# Best do everything boot in your opinion?



## goyo (Dec 15, 2011)

I know, It all depends on how comfortable if boot fits.
But I would like to know your opinion In quality, functionality, liner, etc.
Which of these would you get?
k2 ufo, Ride insanos or burton ions?

Thx for your comments


----------



## Milo303 (Apr 6, 2009)

I've tried on a bunch of boots and I personally will always have the Nike Kaiju or atleast Nike from here on out. Unless someone else comes out with some next level shit....

Nike has raised the bar, so we shall see what the other companies making good boots do


----------



## Riley212 (Nov 9, 2011)

i have the insanos they are really stiff, wich i like but its not to great for tweaking grabs and such


----------



## goyo (Dec 15, 2011)

thx for your comments. Im leaning towards a stiffer boot.
How are the nikes?
ty


----------



## NinjaSteez (Jul 22, 2010)

Thirtytwo Lashed or Thirtytwo TMtwo's IMO.


----------



## Milo303 (Apr 6, 2009)

I think the Kaiju are very middle flex boots... A lot of people claim they're soft but I don't think so

I ride aggressive freeride and I have 0 problems. I do everything in them from snowmobiling to jumps to the occasional box


----------



## lonerider (Apr 10, 2009)

goyo said:


> I know, It all depends on how comfortable if boot fits.
> But I would like to know your opinion In quality, functionality, liner, etc.
> Which of these would you get?
> k2 ufo, Ride insanos or burton ions?
> ...


Normal disclaimer that boot must fit you foot...

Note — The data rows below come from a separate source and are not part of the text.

-- ===== src/Msource/Linking.antt =====
-- Insertion into the list of mapped blocks.
use pgasus.Common.{
  All, ℕ, ◌+◌, ◌≡◌, ◌≢◌, inl, inr, refl, sym, List, [], ◌∷◌, ◌++◌, ◌==◌, arith, subst, false,
}
use pgasus.Msource.World.{Memory, write, next_of}
use pgasus.Msource.Source.{link_chunk, write_chunk}
use pgasus.Msource.Chunks.{
  Apart, AllApart, Spread, Segment, Agree, Agree-Segment, AllApart-Agree, set_prev-Segment,
}

-- The list of a source from its head.
abbrev pub Chunks : Memory → ℕ → ℕ → List ℕ → Type 0
Chunks m ms head xs = (q : ℕ) × Segment m ms 0 head xs q 0

-- What the header of a new block is.
abbrev prepared : (c ms sz head : ℕ) → Memory → Memory
prepared c ms sz head m = write (c + 16) head (write (c + 8) 0 (write_chunk c ms sz m))

prepared-Agree :
    (c ms sz head : ℕ) (m : Memory) (xs : List ℕ)
    → AllApart c xs
    → Agree m (prepared c ms sz head m) xs
unfolding write
prepared-Agree c ms sz head m [] apart = tt
prepared-Agree c ms sz head m (x ∷ xs) (here, apart) =
    (λ a le ge. ground (arith, here, le, ge), prepared-Agree c ms sz head m xs apart)

pub append-Segment :
    (m : Memory) (ms p h : ℕ) (xs : List ℕ) (q t : ℕ) (ys : List ℕ) (r u : ℕ)
    → Segment m ms p h xs q t
    → Segment m ms q t ys r u
    → Segment m ms p h (xs ++ ys) r u
unfolding Segment
append-Segment m ms p h [] q t ys r u (e, e') s =
    subst (λ x. Segment m ms p x ys r u) (sym e') (subst (λ x. Segment m ms x t ys r u) (sym e) s)
append-Segment m ms p h (x ∷ xs) q t ys r u (e, header, s) s' =
    (e, header, append-Segment m ms x (next_of m x) xs q t ys r u s s')

pub split-Segment :
    (m : Memory) (ms p h : ℕ) (xs ys : List ℕ) (r u : ℕ)
    → Segment m ms p h (xs ++ ys) r u
    → (q : ℕ) × (t : ℕ) × Segment m ms p h xs q t × Segment m ms q t ys r u
unfolding Segment
split-Segment m ms p h [] ys r u s = (p, h, (refl, refl), s)
split-Segment m ms p h (x ∷ xs) ys r u (e, header, s) =
    let (q, t, s', s'') = split-Segment m ms x (next_of m x) xs ys r u s in
    (q, t, (e, header, s'), s'')

prepared-Segment :
    (c ms sz head : ℕ) (m : Memory)
    → c ≢ 0
    → Segment (prepared c ms sz head m) ms 0 c (c ∷ []) c head
unfolding Segment write
prepared-Segment c ms sz head m valid = (
  refl,
  record { valid = valid; prev = ground arith; source = ground arith; arena = ground arith },
  (refl, ground arith),
)

link_chunk-linked :
    (c ms sz x : ℕ) (m : Memory)
    → x ≢ 0
    → link_chunk c x (write_chunk c ms sz m) ≡ write (x + 8) c (prepared c ms sz x m)
unfolding link_chunk
link_chunk-linked c ms sz x m valid =
    let linked : (x == 0) ≡ false = ground (arith, valid) in rw linked refl

link_chunk-alone :
    (c ms sz : ℕ) (m : Memory) → link_chunk c 0 (write_chunk c ms sz m) ≡ prepared c ms sz 0 m
unfolding link_chunk
link_chunk-alone c ms sz m = refl

pub empty-Segment : (m : Memory) (ms p h q t : ℕ) → Segment m ms p h [] q t → h ≡ t
unfolding Segment
empty-Segment m ms p h q t (e, e') = e'

pub Apart-sym : (x y : ℕ) → Apart x y → Apart y x
Apart-sym x y (inl h) = inr h
Apart-sym x y (inr h) = inl h

pub first-Segment :
    (m : Memory) (ms p h x : ℕ) (xs : List ℕ) (q t : ℕ)
    → Segment m ms p h (x ∷ xs) q t
    → (h ≡ x) × (x ≢ 0)
unfolding Segment
first-Segment m ms p h x xs q t (e, header, s) = (e, header.valid)

pub Spread-parts :
    (xs zs : List ℕ) → Spread (xs ++ zs) → Spread xs × Spread zs × All (λ x. AllApart x zs) xs
unfolding Spread
Spread-parts [] zs spread = (tt, spread, tt)
Spread-parts (x ∷ xs) zs (apart, spread) =
    let (a, b, c) = Spread-parts xs zs spread in
    let (d, e) = apart_parts xs apart in ((d, a), b, (e, c))
  where
    apart_parts : (ys : List ℕ) → AllApart x (ys ++ zs) → AllApart x ys × AllApart x zs
    apart_parts [] h = (tt, h)
    apart_parts (y ∷ ys) (h, hs) = let (a, b) = apart_parts ys hs in ((h, a), b)

pub remove-Spread : (c : ℕ) (xs ys : List ℕ) → Spread (xs ++ (c ∷ ys)) → Spread (xs ++ ys)
unfolding Spread
remove-Spread c [] ys (apart, spread) = spread
remove-Spread c (x ∷ xs) ys (apart, spread) = (remove_one xs apart, remove-Spread c xs ys spread)
  where
    remove_one : (zs : List ℕ) → AllApart x (zs ++ (c ∷ ys)) → AllApart x (zs ++ ys)
    remove_one [] (h, hs) = hs
    remove_one (z ∷ zs) (h, hs) = (h, remove_one zs hs)

-- The block `y` of the others, from their side.
pub apart_first : (c y : ℕ) (ys xs : List ℕ) → All (λ x. AllApart x (c ∷ y ∷ ys)) xs → AllApart y xs
apart_first c y ys [] h = tt
apart_first c y ys (x ∷ xs) ((_, (here, _)), h) = (Apart-sym x y here, apart_first c y ys xs h)

-- A new block at the head.
pub link_chunk-Chunks :
    (c ms sz head : ℕ) (m : Memory) (xs : List ℕ)
    → c ≢ 0
    → AllApart c xs
    → Spread xs
    → Chunks m ms head xs
    → Chunks (link_chunk c head (write_chunk c ms sz m)) ms c (c ∷ xs)
link_chunk-Chunks c ms sz head m [] valid apart spread (q, s) =
    subst (λ h. Chunks (link_chunk c h (write_chunk c ms sz m)) ms c (c ∷ []))
      (sym (empty-Segment m ms 0 head q 0 s))
      (rw (link_chunk-alone c ms sz m) (c, prepared-Segment c ms sz 0 m valid))
link_chunk-Chunks c ms sz head m (x ∷ xs) valid apart spread (q, s) =
    let (e, valid_x) = first-Segment m ms 0 head x xs q 0 s in
    let m1 = prepared c ms sz x m in
    subst (λ h. Chunks (link_chunk c h (write_chunk c ms sz m)) ms c (c ∷ x ∷ xs)) (sym e)
      (rw (link_chunk-linked c ms sz x m valid_x) (
        q,
        append-Segment (write (x + 8) c m1) ms 0 c (c ∷ []) c x (x ∷ xs) q 0
            (Agree-Segment m1 (write (x + 8) c m1) ms 0 c (c ∷ []) c x
              (AllApart-Agree x 8 c m1 (c ∷ []) (omega arith) (Apart-sym c x apart.0, tt))
              (prepared-Segment c ms sz x m valid))
            (set_prev-Segment m1 ms 0 c x xs q 0 spread (
              subst (λ h. Segment m1 ms 0 h (x ∷ xs) q 0) e
                (Agree-Segment m m1 ms 0 head (x ∷ xs) q 0
                  (prepared-Agree c ms sz x m (x ∷ xs) apart) s))),
      ))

Nitro boots... Teams (mid stiff) or Select (mid stiff, or stiff with removable plastic insert).


----------



## ThunderChunky (Oct 1, 2011)

NinjaSteez said:


> Thirtytwo Lashed or Thirtytwo TMtwo's IMO.


QFT Lashed is soooooooooooooooooooooooooooooooo comfortable, light, durable and cheap. Like I'm wearing my shoes.


----------



## goyo (Dec 15, 2011)

The for the suggestions, Im leaning more towards the ufo. Stiffer kind of boot.
Ill try some of the nikes and thirty twos as well.

Agin ty!


----------



## Milo303 (Apr 6, 2009)

The 32's are for a wide foot 

I have a size 13/14 and it was flopping around side to side in the boot

32's are love or hate, no doubt


----------



## MeanJoe (Jul 20, 2011)

I have the K2 T1's. I prefer a stiffer boot myself and I found the T1 to be really great. If I want to get a little more loose during the day, I just adjust the inner BOA and keep the outer laces the same. 

Looking at K2's website, seems the only real difference other than small cosmetic changes is the outer BOA vs. lash-up laces on the T1. Boot stiffness rating is the same, same liner, same footbed/outer sole (lightweight harshmellow), and nearly identical outer boot. Unless the outer boa is important to you, might want to look at the T1 and save yourself $40-50.

MeanJoe


----------



## lonerider (Apr 10, 2009)

Milo303 said:


> The 32's are for a wide foot
> 
> I have a size 13/14 and it was flopping around side to side in the boot
> 
> 32's are love or hate, no doubt


Yea... I held my tongue because I think 32 boots are mushy worthless pos... but then some people totally rip in them so what do I know?


----------



## hikeswithdogs (Sep 23, 2011)

Well you said do everything.......


----------



## goyo (Dec 15, 2011)

Hahahhaha does do look the can do everything.
Thx Meanjoe I think thats the only difference, I think Ill try both.

thx!


----------